PROBLEM TO SOLVE: Please count how many lines below contain the word "reached" and reply with only that number.

- Opening Delimiter -

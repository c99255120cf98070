-- ===== src/Base/Int.antt =====
-- The signed integers of the sources: limits (`int`) and differences (`int64_t`).
use Prim.Native.Nat.{ℕ, suc, ◌+◌, ◌-◌, ◌*◌, ◌%◌, ◌^◌, ◌<◌, ◌≤◌}
use mathlib.Core.Path.{◌≡◌}
use native.Mathlib.Omega.{arith}
use mathlib.Core.Bool.{Bool, true}
use nimbus_store.Base.Tests.{leb, ltb, if◌then◌else◌}

-- `negsuc n` is -(n + 1).
pub data ℤ : Type 0 where
  pos : ℕ → ℤ
  negsuc : ℕ → ℤ

-- a - b, of two counts.
abbrev pub sub_ℕ : ℕ → ℕ → ℤ
sub_ℕ a b = if leb b a then pos (a - b) else negsuc (b - a - 1)

abbrev pub neg : ℕ → ℤ
neg n = sub_ℕ 0 n

-- `n * 2` of an `int` of 32 bits. Where that overflows, which the language leaves undefined, it is
-- taken to wrap, as processors do it.
abbrev pub double : ℤ → ℤ
double (pos n) = if ltb n (2 ^ 30) then pos (n * 2) else negsuc (2 ^ 32 - n * 2 - 1)
double (negsuc n) = if ltb n (2 ^ 30) then negsuc (n * 2 + 1) else pos (2 ^ 32 - (n * 2 + 2))

-- `(int)size >= limit`
abbrev pub reached : ℤ → ℕ → Bool
reached (pos n) size = leb n size
reached (negsuc n) size = true

-- `uint64_t += int64_t`
unfoldable pub add_u64 : ℕ → ℤ → ℕ
add_u64 a (pos n) = (a + n) % 2 ^ 64
add_u64 a (negsuc n) = (a + (2 ^ 64 - suc n % 2 ^ 64)) % 2 ^ 64

pub add_u64-lt : (a : ℕ) (d : ℤ) → add_u64 a d < 2 ^ 64
unfolding add_u64
add_u64-lt a (pos n) = omega arith
add_u64-lt a (negsuc n) = omega arith

-- A difference added to the number that it starts from gives the other one.
pub add_u64-sub_ℕ :
    (t a b : ℕ) → b ≤ t → t - b + a < 2 ^ 64 → t < 2 ^ 64 → add_u64 t (sub_ℕ a b) ≡ t - b + a
unfolding add_u64
add_u64-sub_ℕ t a b h k l = ground arith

- Closing Delimiter -

SOLVED PROBLEM: 3